# Homework Help: Elementary number theory - proving primality

1. Oct 3, 2011

### razmtaz

1. The problem statement, all variables and given/known data

if an integer n >= 2 and if n divides ((n-1)! +1) prove that n is prime.

2. Relevant equations

a divides b iff b = ma for integers a, b, m.

3. The attempt at a solution

by contrapositive:

Assume n is not prime. Then we have by definition of divisibility
((n-1)*(n-2)*...*2) + 1 = n*a for integer a
but since n is greater than all of the individual factors of (n-1)!, then clearly it shares no factors with the LHS above, so we have a contradiction. thus, n is prime.

This seems correct to me, but Im unsure about the part where I say clearly it shares no factors with the LHS. I would think that it doesnt, but am not 100% sure. Can somebody tell me where my reasoning went wrong and how i should go about fixing it? or perhaps tell me a better proof method to attack the problem with? or tell me i am correct? : )

2. Oct 3, 2011

### Dick

Your proof isn't convincing. Try showing that if n is not prime, i.e. n is composite then n divides (n-1)!. Can you show that?

3. Oct 3, 2011

### razmtaz

Ah i think I see... let me try.

if n is composite then it has some positive divisors ie. n = p1^d1 * p2^d2 * .. * pm^dm where the p_is are prime with multiplicity d_i. From the definition of the factorial, some terms in (n-1)! will be the p_i's and therefore we have that n | (n-1)!.

Now I need to show that n doesnt divide (n-1)! +1,

we have (n-1)! + 1 = a*n for a integer. im having difficulty proceeding at this point. Will ruminate and return when Ive got it... anybody feel free to nudge me though. Im tempted to say its obvious that this isnt true but apprehensive that im missing some simple fact which makes it so, as I did in the original post in which i sort of avoided the actual problem.

Last edited: Oct 3, 2011
4. Oct 3, 2011

### Dick

If n divides (n-1)! then you shouldn't have any problem showing n doesn't divide (n-1)!+1. But go back to the first part. Just take ANY factorization of n, like n=a*b. Clearly a and b are both in (n-1),(n-2),...,2,1. If a is not equal to b then you are home free. But suppose a=b? For example, what happens if n=9?

5. Oct 3, 2011

### razmtaz

since n is composite we have n = p1^d1 * p2^d2 * .. * pm^dm
now, we know that n | (n-1)! = n-1 * n-2 * .. * 2
want to look at n | (n-1)! + 1 = n-1 * n-2 * .. * 2 + 1 and show its not possible
since n >= 2 and n | (n-1)!, then n cannot divide 1 + (n-1)! since the smallest number greater than that that it could possibly divide is (n-1)! + 2 (since it is at its smallest a multiple of 2)

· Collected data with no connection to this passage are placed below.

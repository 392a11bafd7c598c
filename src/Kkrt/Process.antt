-- ===== src/Kkrt/Process.antt =====
-- `KkrtPSI::process` and `process_cardinality_only` on both sides, in every interleaving.
use petace_set_ops.Base.{
  ℕ, zero, suc, ◌+◌, ◌-◌, subst, ◌*◌, ◌^◌, ◌<◌, ◌≤◌, ◌≡◌, ◌≢◌, refl, List, [], ◌∷◌, Bool, true,
  false, arith, Bytes, length, replicate, set, resize, get_or, ltb, Bool-cases, inl, inr,
  if◌then◌else◌,
}
use petace_set_ops.Net.{done, fail, stash_not_empty, ◌>>◌}
use petace_set_ops.Net.Wire.{size_t, send_value, recv_value}
use petace_set_ops.Net.Run.{Sys, Steps, Reach, joined}
use petace_set_ops.Net.Meet.{
  Meets, Meets-send_left, Meets-send_right, Meets-bind, Meets-every_schedule,
}
use petace_set_ops.Util.Serialize.{serialize_string_to_char}
use petace_set_ops.Util.Serialize.RoundTrip.{LacksZero, AllLackZero, deserialize-serialize}
use petace_set_ops.Psi.{k_reduce_statistics_len, collect_loop}
use petace_set_ops.Kkrt.Tables.{CuckooTable, Solo, Verse, match_loop, bin_matches}
use petace_set_ops.Kkrt.{
  exchange_sizes, sender_phase, receiver_phase, receive_result, send_result, collect_output,
  process, process_cardinality_only,
}
use petace_set_ops.Kkrt.Phases.{VerseLaws, sender, receiver, cuckoo_of, matched, phases-Meets}

module _ (solo : Solo) (verse : Verse) (num_of_fun : ℕ) (seed : Bytes) where
  -- The receiver's result as the sender reads it.
  results-Meets :
      (obtain : Bool) (output_s output : List Bytes)
      → AllLackZero output
      → length (serialize_string_to_char output []) < 2 ^ 64
      → Meets
          (receive_result solo verse (sender obtain num_of_fun seed) output_s)
          (send_result solo verse (receiver obtain num_of_fun seed) output)
          (done (if obtain then output else output_s))
          (done output)
  unfolding receive_result send_result
  results-Meets false output_s output lack fits = (0, refl)
  results-Meets true output_s output lack fits =
      Meets-send_right _ _ _ _ _ _
        (size_t.length-encode (length (serialize_string_to_char output [])))
        (rw (size_t.decode-encode (length (serialize_string_to_char output [])) fits)
          (Meets-send_right _ _ _ _ _ _ refl (rw (deserialize-serialize output [] lack) (0, refl))))

  -- The receiver's count as the sender reads it.
  counts-Meets :
      (obtain : Bool) (n : ℕ)
      → n < 2 ^ 64
      → Meets
          (if obtain then recv_value size_t else done 0)
          (if obtain then send_value size_t n >> done n else done n)
          (done (if obtain then n else 0))
          (done n)
  counts-Meets false n fits = (0, refl)
  counts-Meets true n fits =
      Meets-send_right _ _ _ _ _ _ (size_t.length-encode n)
        (rw (size_t.decode-encode n fits) (0, refl))

-- Keys without a zero byte are collected without one.
set-AllLackZero :
    (l : List Bytes) (i : ℕ) (key : Bytes)
    → AllLackZero l
    → LacksZero key
    → AllLackZero (set l i key)
set-AllLackZero [] i key h k = tt
set-AllLackZero (x ∷ l) zero key (hx, h) k = (k, h)
set-AllLackZero (x ∷ l) (suc i) key (hx, h) k = (hx, set-AllLackZero l i key h k)

replicate-AllLackZero : (n : ℕ) → AllLackZero (replicate n [])
replicate-AllLackZero zero = tt
replicate-AllLackZero (suc n) = (tt, replicate-AllLackZero n)

resize_nil-AllLackZero : (n : ℕ) → AllLackZero (resize n [] [])
resize_nil-AllLackZero zero = tt
resize_nil-AllLackZero (suc n) =
    let all_new : suc n ≡ suc n - 0 = omega arith in
    subst (λ k. AllLackZero (replicate k [])) all_new (replicate-AllLackZero (suc n))

collect_loop-AllLackZero :
    (keys : List Bytes) (idx : ℕ) (flags : List Bool) (output : List Bytes) (result_idx : ℕ)
    → AllLackZero keys
    → AllLackZero output
    → AllLackZero (collect_loop keys idx flags output result_idx)
unfolding collect_loop
collect_loop-AllLackZero [] idx flags output result_idx hk ho = ho
collect_loop-AllLackZero (key ∷ keys) idx flags output result_idx (k, hk) ho =
    elim (Bool-cases (get_or flags idx false)) [
      | inl e ↦ rw e (
          collect_loop-AllLackZero keys (idx + 1) flags _ _ hk
            (set-AllLackZero output result_idx key ho k))
      | inr e ↦ rw e (collect_loop-AllLackZero keys (idx + 1) flags _ _ hk ho)
    ]

match_loop-count :
    (verse : Verse) (table : CuckooTable) (num_of_fun n : ℕ) (masks : List verse.Block)
    (unpacked : List Bytes) (rounds idx : ℕ) (flags : List Bool) (count : ℕ)
    → (match_loop verse table num_of_fun n masks unpacked rounds idx flags count).1 ≤ count + rounds
unfolding match_loop
match_loop-count verse table num_of_fun n masks unpacked zero idx flags count = omega arith
match_loop-count verse table num_of_fun n masks unpacked (suc rounds) idx flags count =
    elim (Bool-cases (bin_matches verse table num_of_fun n masks unpacked idx)) [
      | inl e ↦
          rw (e, match_loop)
            (omega (
              arith,
              match_loop-count verse table num_of_fun n masks unpacked rounds (idx + 1)
                  (set flags (get_or table.ids idx 0) true) (count + 1),
            ))
      | inr e ↦
          rw (e, match_loop)
            (omega (
              arith,
              match_loop-count verse table num_of_fun n masks unpacked rounds (idx + 1) flags count,
            ))
    ]

module _ (solo : Solo) (verse : Verse) (laws : VerseLaws verse) (obtain : Bool) (num_of_fun : ℕ)
    (seed : Bytes) (shuffles : ℕ → List ℕ → List ℕ) (xs ys : List Bytes)
    (count_fits : length xs < 2 ^ 64) (count_fits' : length ys < 2 ^ 64) where
  abbrev table : CuckooTable
  table = cuckoo_of solo num_of_fun seed ys

  abbrev matches : List Bool × ℕ
  matches = matched solo verse laws obtain num_of_fun seed shuffles xs ys count_fits count_fits'

  -- The keys that the receiver collects.
  abbrev pub found_keys : List Bytes
  found_keys = collect_output solo verse (receiver obtain num_of_fun seed) ys [] matches

  found_keys-AllLackZero : AllLackZero ys → AllLackZero found_keys
  unfolding collect_output
  found_keys-AllLackZero h =
      collect_loop-AllLackZero ys 0 matches.0 _ 0 h (resize_nil-AllLackZero matches.1)

  -- Let the receiver's cuckoo table have no stash and as many bins as were asked for, let the sizes
  -- fit their types, and let no key of the receiver contain a zero byte. Then whatever calls the two
  -- parties have made so far, in any interleaving, they can go on to their ends: the receiver with
  -- the keys that its table and the sender's data mark, and the sender, if it may obtain the result,
  -- with exactly the same keys in the same order, and else with its output as it was.
  pub process_same_result :
      (output_s : List Bytes) (m : ℕ) (u : Sys (List Bytes) (List Bytes))
      → table.stash_size ≡ 0
      → length table.values ≡ solo.num_of_bins (length ys)
      → num_of_fun * length xs * k_reduce_statistics_len < 2 ^ 64
      → AllLackZero ys
      → length (serialize_string_to_char found_keys []) < 2 ^ 64
      → Steps m
          (joined
            (process solo verse (sender obtain num_of_fun seed) shuffles xs output_s)
            (process solo verse (receiver obtain num_of_fun seed) shuffles ys []))
          u
      → Reach u (joined (done (if obtain then found_keys else output_s)) (done found_keys))
  unfolding process
  process_same_result output_s m u no_stash full bytes_fit lack fits =
      Meets-every_schedule _ _ _ _ m u
        (Meets-bind _ _ _ _ tt matches _ _
          (phases-Meets solo verse laws obtain num_of_fun seed shuffles xs ys count_fits count_fits'
            no_stash full bytes_fit)
          (results-Meets solo verse num_of_fun seed obtain output_s found_keys
            (found_keys-AllLackZero lack) fits))
        tt tt

  -- Let the receiver's cuckoo table have no stash and as many bins as were asked for, and let the
  -- sizes and the number of bins fit their types. Then every interleaving of the two sides of
  -- `process_cardinality_only` goes on to an end: the receiver with the count of its matching loop,
  -- and the sender, if it may obtain the result, with the same number, and else with 0.
  pub cardinality_same_result :
      (m : ℕ) (u : Sys ℕ ℕ)
      → table.stash_size ≡ 0
      → length table.values ≡ solo.num_of_bins (length ys)
      → num_of_fun * length xs * k_reduce_statistics_len < 2 ^ 64
      → solo.num_of_bins (length ys) < 2 ^ 64
      → Steps m
          (joined
            (process_cardinality_only solo verse (sender obtain num_of_fun seed) shuffles xs)
            (process_cardinality_only solo verse (receiver obtain num_of_fun seed) shuffles ys))
          u
      → Reach u (joined (done (if obtain then matches.1 else 0)) (done matches.1))
  unfolding process_cardinality_only
  cardinality_same_result m u no_stash full bytes_fit bins_fit =
      Meets-every_schedule _ _ _ _ m u
        (Meets-bind _ _ _ _ tt matches _ _
          (phases-Meets solo verse laws obtain num_of_fun seed shuffles xs ys count_fits count_fits'
            no_stash full bytes_fit)
          (counts-Meets solo verse num_of_fun seed obtain matches.1 few))
        tt tt
    where
      few : matches.1 < 2 ^ 64
      few = omega (
        arith,
        match_loop-count verse table num_of_fun (length xs) _ _ (solo.num_of_bins (length ys)) 0
            (replicate (solo.num_of_bins (length ys)) false) 0,
      )

-- A receiver whose cuckoo table has a stash that is not empty: in every interleaving both parties
-- throw, and nobody gets an output, if the sizes fit their types.
pub process_stash :
    (solo : Solo) (verse : Verse) (obtain : Bool) (num_of_fun : ℕ) (seed : Bytes)
    (shuffles : ℕ → List ℕ → List ℕ) (xs ys output_s output_r : List Bytes) (m : ℕ)
    (u : Sys (List Bytes) (List Bytes))
    → length xs < 2 ^ 64
    → length ys < 2 ^ 64
    → (cuckoo_of solo num_of_fun seed ys).stash_size ≢ 0
    → (cuckoo_of solo num_of_fun seed ys).stash_size < 2 ^ 64
    → Steps m
        (joined
          (process solo verse (sender obtain num_of_fun seed) shuffles xs output_s)
          (process solo verse (receiver obtain num_of_fun seed) shuffles ys output_r))
        u
    → Reach u (joined (fail stash_not_empty) (fail stash_not_empty))
unfolding process sender_phase receiver_phase exchange_sizes
process_stash solo verse obtain num_of_fun seed shuffles xs ys output_s output_r m u hx hy stash
      fits =
    Meets-every_schedule _ _ _ _ m u
      (Meets-send_right _ _ _ _ _ _ (size_t.length-encode (length ys)) (
        rw (size_t.decode-encode (length ys) hy) (
          Meets-send_left _ _ _ _ _ _ (size_t.length-encode (length xs)) (
            rw (size_t.decode-encode (length xs) hx) (
              Meets-send_right _ _ _ _ _ _ (size_t.length-encode size)
                (rw (size_t.decode-encode size fits, positive) (0, refl)))))))
      tt tt
  where
    size : ℕ
    size = (cuckoo_of solo num_of_fun seed ys).stash_size

    positive : ltb 0 size ≡ true
    positive = ground arith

And to reply to your question, if n = ab and a=b, then still we have that a and b are less than n, and would be in some of n-1, n-2,..
if n = 9 , then n = a * b for a = b = 3. in this case n still divides (n-1)! since 3 is a factor of 8!

I feel like we are still home free as you put it. Do I need to ruminate more?

6. Oct 3, 2011

### Dick

Yes, ruminate just a little more. 9=3*3. 8! is not divisible by 9 just because 3 is in 8!. It's divisible by 9 because both 3 and 6 are in the expansion of 8!. Expand your proof to include the case where n is the square of a prime.

7. Oct 4, 2011

### razmtaz

mmm.... okay, since a = b < n, it is obvious that at least one of a and b will itself be a factor in (n-1)! Since n >= 2 then at the very least we will have 2 * a also as a factor, and thus n | (n-1)!

Look good?
From this point should I argue as I have above, that n cannot divide (n-1)! + 1 since n > 2 because blah blah.... ?

And Dick, I appreciate your help immensely. Thank-you.

8. Oct 4, 2011

### Dick

Pretty sloppy still. a*a=n >= 2 isn't enough to show 2a<n. You'll need n>4 to conclude that. In fact, n=4 is an exception to the statement n | (n-1)! if n is composite. You'll need to make it another special case. If you'd be more careful you'd catch stuff like that.

9. Oct 4, 2011

### razmtaz

Showing that n | (n-1)! for the case that n = a*2 for a prime:

the exceptional case of n =4: we have n does not divide 3!, but n also does not divide 3! + 1, so does not disagree with what we are trying to show in the first place, which is that if n is composite then n does not divide (n-1)! + 1, so this special case is "taken care of"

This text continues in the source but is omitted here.